My DS is 3 yo so he doesn't play the Wii much and never without us, but he really enjoys Wii Sports and Wii Sports Resort. There is a package deal around where you can buy Wii Sports Resort + Wii MotionPlus controller add-ons for about $60.

DS also loves to play Rock Band 2. Well, he gets out his toy guitar and jams on it while DH and I play.

I have two nephews about the ages of your kids and they like Mario Kart and all the "branded" games. Like one of them loves Disney Cars, so he loves all the branded games (although in my opinion they are boring). I got them Active Life Outdoor Challenge and my sister has reported back that they really like that one.


----------



## Cujobunny (Aug 16, 2006)

Quote:


Originally Posted by *noobmom* 
I got them Active Life Outdoor Challenge and my sister has reported back that they really like that one.
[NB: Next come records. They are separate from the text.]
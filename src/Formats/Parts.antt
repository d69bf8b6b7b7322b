-- ===== src/Formats/Parts.antt =====
-- The formatters of states, lists, sizes and names (src/accounts.hpp, src/drive.hpp, src/memory.hpp,
-- src/network_adapter.hpp, src/pid_control.hpp, src/psu.hpp and src/server.hpp).
use obmc_yadro_webapp.Prelude.{
  ℕ, ◌/◌, ◌^◌, Bool, true, false, Option, none, some, List, [], ◌∷◌, ◌==◌, nat_eq, text_eq,
  if◌then◌else◌,
}
use obmc_yadro_webapp.Prelude.Int.{ℤ, pos, negsuc}
use obmc_yadro_webapp.Prelude.Text.{Text, text, is_empty}
use obmc_yadro_webapp.Utils.{get_name_from_last_segment_object_path}
use obmc_yadro_webapp.Entity.{
  FieldType, associations, strings, ints, string, uint64, int32, uint32, field_value_not_available,
  as_int,
}
use obmc_yadro_webapp.Formats.Base.{format_value_from_dict, raw_string}
use obmc_yadro_webapp.Formats.PidControl.{format_pid_profile_profile}

-- `Accounts::AccountType`.
pub data AccountType : Type 0 where
  redfish snpm host_console manager_console ipmi kvmip virtual_media webui unknown : AccountType

unfoldable pub account_type_to_int : AccountType → ℕ
account_type_to_int AccountType.redfish = 0
account_type_to_int AccountType.snpm = 1
account_type_to_int AccountType.host_console = 2
account_type_to_int AccountType.manager_console = 3
account_type_to_int AccountType.ipmi = 4
account_type_to_int AccountType.kvmip = 5
account_type_to_int AccountType.virtual_media = 6
account_type_to_int AccountType.webui = 7
account_type_to_int AccountType.unknown = 8

unfoldable pub account_type_dict : List (Text × AccountType)
account_type_dict =
    (text "redfish", AccountType.redfish)
    ∷ (text "ipmi", AccountType.ipmi)
    ∷ (text "ssh", AccountType.manager_console)
    ∷ (text "web", AccountType.webui)
    ∷ (text "kvm", AccountType.kvmip)
    ∷ []

unfoldable pub is_int : ℕ → ℤ → Bool
is_int m (pos n) = n == m
is_int m (negsuc n) = false

-- An integer in front of a list, where both are there.
unfoldable pub emplace_int : Option ℤ → Option (List ℤ) → Option (List ℤ)
emplace_int none rest = none
emplace_int (some n) none = none
emplace_int (some n) (some ns) = some (n ∷ ns)

unfoldable pub int_of : Option FieldType → Option ℤ
unfolding as_int
int_of none = none
int_of (some value) = as_int value

-- The loop of `Accounts::Query::FormatType`; `none` is the exception of `formatValueFromDict` or of
-- `std::get`.
unfoldable pub account_types : List Text → Option (List ℤ)
unfolding format_value_from_dict account_type_dict account_type_to_int int_of is_int emplace_int
account_types [] = some []
account_types (group ∷ groups) =
    let rest = account_types groups in
    elim (int_of (
      format_value_from_dict raw_string account_type_to_int account_type_dict AccountType.unknown
        (string group))) [
          | none ↦ none
          | some n ↦
              if is_int (account_type_to_int AccountType.unknown) n
              then rest
              else emplace_int (some n) rest
        ]

unfoldable pub ints_of : Option (List ℤ) → Option FieldType
ints_of none = none
ints_of (some ns) = some (ints ns)

unfoldable pub format_account_types : FieldType → Option FieldType
unfolding account_types ints_of
format_account_types (strings groups) = ints_of (account_types groups)
format_account_types value = some (ints [])

-- `PIDProfile::Query::FormatSupportedProfiles`.
unfoldable pub supported_profiles : List Text → Option (List ℤ)
unfolding format_pid_profile_profile int_of emplace_int
supported_profiles [] = some []
supported_profiles (profile ∷ profiles) =
    emplace_int (int_of (format_pid_profile_profile (string profile))) (supported_profiles profiles)

unfoldable pub format_supported_profiles : FieldType → Option FieldType
unfolding supported_profiles ints_of
format_supported_profiles (strings profiles) = ints_of (supported_profiles profiles)
format_supported_profiles value = some (ints [])

-- `DomainAccounts::State`, and its formatter.
pub data DomainAccountsState : Type 0 where
  enabled standby_offline : DomainAccountsState

unfoldable pub domain_accounts_state_to_int : DomainAccountsState → ℕ
domain_accounts_state_to_int DomainAccountsState.enabled = 0
domain_accounts_state_to_int DomainAccountsState.standby_offline = 1

unfoldable pub format_domain_accounts_state : FieldType → FieldType
unfolding domain_accounts_state_to_int
format_domain_accounts_state (FieldType.boolean true) =
    int32 (pos (domain_accounts_state_to_int DomainAccountsState.enabled))
format_domain_accounts_state value =
    int32 (pos (domain_accounts_state_to_int DomainAccountsState.standby_offline))

-- `DomainAccounts::Query::FormatList`.
unfoldable pub format_list : FieldType → FieldType
format_list (string item) = strings (if is_empty item then [] else item ∷ [])
format_list value = strings []

-- `State` of a drive and of a network adapter, with the formatter that both have.
pub data PresenceState : Type 0 where
  enabled absent : PresenceState

unfoldable pub presence_state_to_int : PresenceState → ℕ
presence_state_to_int PresenceState.enabled = 0
presence_state_to_int PresenceState.absent = 1

unfoldable pub format_drive_state : FieldType → FieldType
unfolding presence_state_to_int
format_drive_state (FieldType.boolean true) =
    int32 (pos (presence_state_to_int PresenceState.enabled))
format_drive_state value = int32 (pos (presence_state_to_int PresenceState.absent))

unfoldable pub format_network_adapter_state : FieldType → FieldType
unfolding presence_state_to_int
format_network_adapter_state (FieldType.boolean true) =
    int32 (pos (presence_state_to_int PresenceState.enabled))
format_network_adapter_state value = int32 (pos (presence_state_to_int PresenceState.absent))

-- `BootSettingsProvider::RetryConfig`, and its formatter.
pub data RetryConfig : Type 0 where
  retry_attempts disabled : RetryConfig

unfoldable pub retry_config_to_int : RetryConfig → ℕ
retry_config_to_int RetryConfig.retry_attempts = 0
retry_config_to_int RetryConfig.disabled = 1

unfoldable pub format_retry_config : FieldType → FieldType
unfolding retry_config_to_int
format_retry_config (FieldType.boolean true) =
    int32 (pos (retry_config_to_int RetryConfig.retry_attempts))
format_retry_config value = int32 (pos (retry_config_to_int RetryConfig.disabled))

-- A shift to the right by 10 bits.
unfoldable pub format_kib_to_mib : FieldType → FieldType
format_kib_to_mib (uint64 n) = uint64 (n / 2 ^ 10)
format_kib_to_mib (uint32 n) = uint32 (n / 2 ^ 10)
format_kib_to_mib value = int32 (pos 0)

-- The loop of the formatter of a power supply's id, over its associations.
unfoldable pub id_of_associations : List (Text × Text × Text) → Text
unfolding get_name_from_last_segment_object_path field_value_not_available
id_of_associations [] = field_value_not_available
id_of_associations ((forward, purpose, psu_object) ∷ others) =
    let rest = id_of_associations others in
    if purpose == text "status"
    then get_name_from_last_segment_object_path psu_object false
    else rest

unfoldable pub format_id : FieldType → FieldType
unfolding id_of_associations field_value_not_available
format_id (associations list) = string (id_of_associations list)
format_id value = string field_value_not_available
I was looking at that one too, it looks cool. Very active, and that's what I was wanting for my active boy for indoors in the winter.


----------



## Heather30ish (Feb 12, 2003)

My four-year old love Marble Mania, Marble Saga, Super Mario Galaxy (which is admittedly too hard for him, but we help), Wii Sports and also World of Goo (download from the Wii shop) and Kirby's Air-ride (a racing game where they can't fall off the track or crash - very little-guy friendly - it's a GameCube game which play fine on the Wii (need classic controller)).
Check out gamingwithchildren.com for kid-friendly reviews and as a general rule of thumb, beware of licensed games from toys or movies.


----------



## BeanyMama (Jul 25, 2006)

Wii Play, Wii Sports and Super Mario Galaxy are the huge hits here.

Ahhhh, Wii Time! How I love it! It's my break time. Sweet, it is.


----------



## RiverSky (Jun 26, 2005)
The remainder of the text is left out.